Part of the reason I’m using an Arduino for this project is that the drying process needs to be monitored and controlled. In a closed environment, the moisture in the wood will come to a given equilibrium with the air around it. What I’ll look for is to have the air in the kiln at a given humidity level that allows the wood to have the internal water evaporating, but not too quickly. As an example, if the air in the kiln is maintained at 80% relative humidity, the wood in the kiln will reach an equilibrium moisture content. If the air is then maintained at 79% relative humidity, some of the water in the wood will evaporate out. The objective is to bring the wood down to 6% to 8% moisture content as quickly as possible, without incurring the defects I mentioned above.

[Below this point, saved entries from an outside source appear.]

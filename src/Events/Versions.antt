-- ===== src/Events/Versions.antt =====
-- Optimistic concurrency of the event log: versions of an aggregate, and writers that read one version.
use mm_harness.Prelude.{
  ℕ, ◌+◌, String, false, Option, none, some, List, [], ◌∷◌, ◌++◌, any, ltb, ◌==◌, nat_eq, string_eq,
  if◌then◌else◌, ◌≡◌, ◌<◌, ap, subst, sym, ◌∙◌, arith, eq_iff, Bool-cases, inl, inr,
}
use mm_harness.Errors.{ok, err, conflict}
use mm_harness.Json.{Json}
use mm_harness.Events.{
  DomainEvent, EventEnvelope, EventStore, later_of, last, version_of, hash_of, clashes, envelope,
  append_domain,
}

later_of-version :
    (e : EventEnvelope) (r : Option EventEnvelope)
    → version_of (some (later_of e r))
      ≡ (if ltb e.aggregate_version (version_of r) then version_of r else e.aggregate_version)
later_of-version e none = ground arith
later_of-version e (some f) = ground arith

last-cons :
    (id : String) (f : EventEnvelope) (events : List EventEnvelope)
    → version_of (last id (f ∷ events)) ≡ (
        if f.aggregate_id == id
        then (if ltb f.aggregate_version (version_of (last id events))
            then version_of (last id events)
            else f.aggregate_version)
        else version_of (last id events))
unfolding last
last-cons id f events = ground (arith, later_of-version f (last id events))

last-append :
    (id : String) (events : List EventEnvelope) (e : EventEnvelope)
    → version_of (last e.aggregate_id events) < e.aggregate_version
    → version_of (last id (events ++ e ∷ []))
      ≡ (if e.aggregate_id == id then e.aggregate_version else version_of (last id events))
last-append id [] e h = unfold last in ground (arith, eq_iff e.aggregate_id id)
last-append id (f ∷ events) e h = ground (
  arith,
  last-append id events e,
  last-cons id f (events ++ e ∷ []),
  last-cons id f events,
  last-cons e.aggregate_id f events,
  eq_iff e.aggregate_id id,
  eq_iff f.aggregate_id id,
  eq_iff f.aggregate_id e.aggregate_id,
)

module _ (sha256 : String → String) (canonical : Json → String) (aggregate_id : String)
    (expected_version : ℕ) (event : DomainEvent) (aggregate_type event_id occurred_at : String)
    (store after : EventStore) (e : EventEnvelope)
    (appended : append_domain sha256 canonical aggregate_id expected_version event aggregate_type
        event_id occurred_at store
      ≡ (ok e, after)) where
  append_domain-ok :
      (version_of (last aggregate_id store.events) ≡ expected_version)
      × (e.aggregate_id ≡ aggregate_id)
      × (e.aggregate_version ≡ expected_version + 1)
      × (e.previous_hash ≡ hash_of (last aggregate_id store.events))
      × (after.events ≡ store.events ++ e ∷ [])
  unfolding append_domain
  append_domain-ok =
      let row = last aggregate_id store.events in
      let made =
        envelope sha256 canonical aggregate_id event aggregate_type event_id occurred_at row in
      elim (Bool-cases (version_of row == expected_version)) [
        | inr stale ↦ absurd (ground (arith, stale, appended))
        | inl current ↦ elim (Bool-cases (any (clashes made) store.events)) [
          | inl taken ↦ absurd (ground (arith, current, taken, appended))
          | inr free ↦
              let same : e ≡ made = ground (arith, current, free, appended) in
              let grown : after.events ≡ store.events ++ made ∷ [] =
                ground (arith, current, free, appended) in
              let counted : version_of row ≡ expected_version = ground (arith, current) in
              (
                counted,
                ap (λ x. x.aggregate_id) same,
                ap (λ x. x.aggregate_version) same ∙ ap (λ n. n + 1) counted,
                ap (λ x. x.previous_hash) same,
                subst (λ x. after.events ≡ store.events ++ x ∷ []) (sym same) grown,
              )
        ]
      ]

  -- An event that is appended is the aggregate's next one, links to the hash of the one before, and
  -- leaves the versions of all other aggregates as they were.
  pub append_domain-version :
      (id : String)
      → (e.aggregate_version ≡ expected_version + 1)
        × (e.previous_hash ≡ hash_of (last aggregate_id store.events))
        × (version_of (last id after.events) ≡ (
            if aggregate_id == id then expected_version + 1 else version_of (last id store.events)))
  append_domain-version id =
      let (current, named, next, link, grown) = append_domain-ok in
      let before : version_of (last e.aggregate_id store.events) < e.aggregate_version =
        rw named (omega (arith, current, next)) in
      (next, link, ground (arith, last-append id store.events e before, grown, named, next))

  -- Two writers that read an aggregate at one version cannot both append: once the first has, the
  -- second ends in a conflict and leaves the log and the outbox as they are.
  pub append_domain-stale :
      (other : DomainEvent) (other_type other_id later : String)
      → append_domain sha256 canonical aggregate_id expected_version other other_type other_id later
          after
        ≡ (err conflict, after)
  unfolding append_domain
  append_domain-stale other other_type other_id later =
      let moved = (append_domain-version aggregate_id).2 in
      let far : (version_of (last aggregate_id after.events) == expected_version) ≡ false =
        ground (arith, moved, eq_iff aggregate_id aggregate_id) in
      ground (arith, far)
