-- ===== src/Events/Samples.antt =====
-- Two writers that read an aggregate before its first event.
use mm_harness.Events.{event_data}
use mm_harness.Prelude.{ap, String, false, none, [], ◌∷◌, nat_eq, string_eq, ◌≡◌, refl}
use mm_harness.Errors.{ok, err, conflict}
use mm_harness.Json.{Json, end}
use mm_harness.Prelude.{map, length, select, not, ◌==◌, ◌++◌}
use mm_harness.Json.{object}
use mm_harness.Store.Texts.{text_of, value_of, value_of-text_of}
use mm_harness.Events.Runs.{created, appended, marked, reached-verify}
use mm_harness.Events.Outbox.{append_domain-pending}
use mm_harness.Events.{
  verify, list_events, insert_version, take, pending, unpublished, mark_published, DomainEvent,
  EventEnvelope, EventStore, last, envelope, append_domain,
}
use mm_harness.Events.Versions.{append_domain-stale}

abbrev event : DomainEvent
event = record {
  event_type = "activity.planned.v1";
  payload = end;
  causation_id = none;
  actor_type = "system";
  actor_id = "workflow";
}

abbrev written : Json → String
written j = "{}"

abbrev empty : EventStore
empty = record { events = []; outbox = [] }

abbrev first : EventEnvelope
first = envelope (λ s. s) written "run" event "workflow" "event-1" "2026-01-01T00:00:00" none

abbrev one_event : EventStore
one_event = record {
  events = first ∷ [];
  outbox = record { event_id = "event-1"; topic = "activity.planned.v1"; published = false } ∷ [];
}

-- a log with one append, one that is stale, and a mark
abbrev logged : EventStore
logged =
    mark_published "event-1"
      (append_domain (λ s. s) text_of "run" 0 event "workflow" "event-2" "2026-01-01T00:00:01"
        (append_domain (λ s. s) text_of "run" 0 event "workflow" "event-1" "2026-01-01T00:00:00"
          empty).1).1

-- it has the one event
logged_length : length logged.events ≡ 1
unfolding append_domain last
logged_length = refl

-- once it is marked, nothing is left to publish
logged_published : unpublished 100 logged ≡ []
unfolding append_domain last take
logged_published = refl

-- the events of an aggregate are listed by their versions
listed :
    map
      (λ e. e.aggregate_version)
      (list_events "run" (record first { aggregate_version = 2 } ∷ first ∷ []))
    ≡ 1 ∷ 2 ∷ []
unfolding list_events insert_version
listed = refl

first_appended :
    append_domain (λ s. s) written "run" 0 event "workflow" "event-1" "2026-01-01T00:00:00" empty
    ≡ (ok first, one_event)
unfolding append_domain last
first_appended = refl

append_domain-stale_example :
    append_domain
      (λ s. s)
      written
      "run"
      0
      event
      "workflow"
      "event-2"
      "2026-01-01T00:00:01"
      one_event
    ≡ (err conflict, one_event)
append_domain-stale_example =
    append_domain-stale (λ s. s) written "run" 0 event "workflow" "event-1" "2026-01-01T00:00:00"
      empty one_event first first_appended event "workflow" "event-2" "2026-01-01T00:00:01"

reached-verify_example : verify (λ s. s) text_of value_of logged.events ≡ ok (length logged.events)
reached-verify_example =
    reached-verify (λ s. s) text_of value_of
      (λ e fields. ap (λ (p : Json). text_of (event_data e p)) (value_of-text_of (object fields)))
      logged
      (marked "event-1" (
        appended "run" 0 event "workflow" "event-2" "2026-01-01T00:00:01"
          (appended "run" 0 event "workflow" "event-1" "2026-01-01T00:00:00" created)))

append_domain-pending_example :
    (pending one_event ≡ pending empty ++ first ∷ [])
    × (pending (mark_published "event-1" one_event)
        ≡ select (λ x. not (x.event_id == "event-1")) (pending one_event))
append_domain-pending_example =
    append_domain-pending (λ s. s) written "run" 0 event "workflow" "event-1" "2026-01-01T00:00:00"
      empty one_event first "event-1" first_appended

In order to do this, I’ll use my temp/humidity sensor combined with the dehumidifier. The logic will be set up to determine if the air humidity is greater than the set point humidity. If that’s the case AND if the humidity isn’t dropping too fast, the dehumidifier will be turned on. The point is, even if the air humidity is higher than I want it to be, if the air humidity has been dropped recently, I’m going to not turn on the dehumidifier. While this is easy to describe, I’m not sure exactly how it will play out; I don’t know how to determine what ‘too fast’ drying rates will be, so I’ll probably either ruin a few loads of lumber or I’ll be too conservative and take longer than I need to. We’ll see which side we end up on.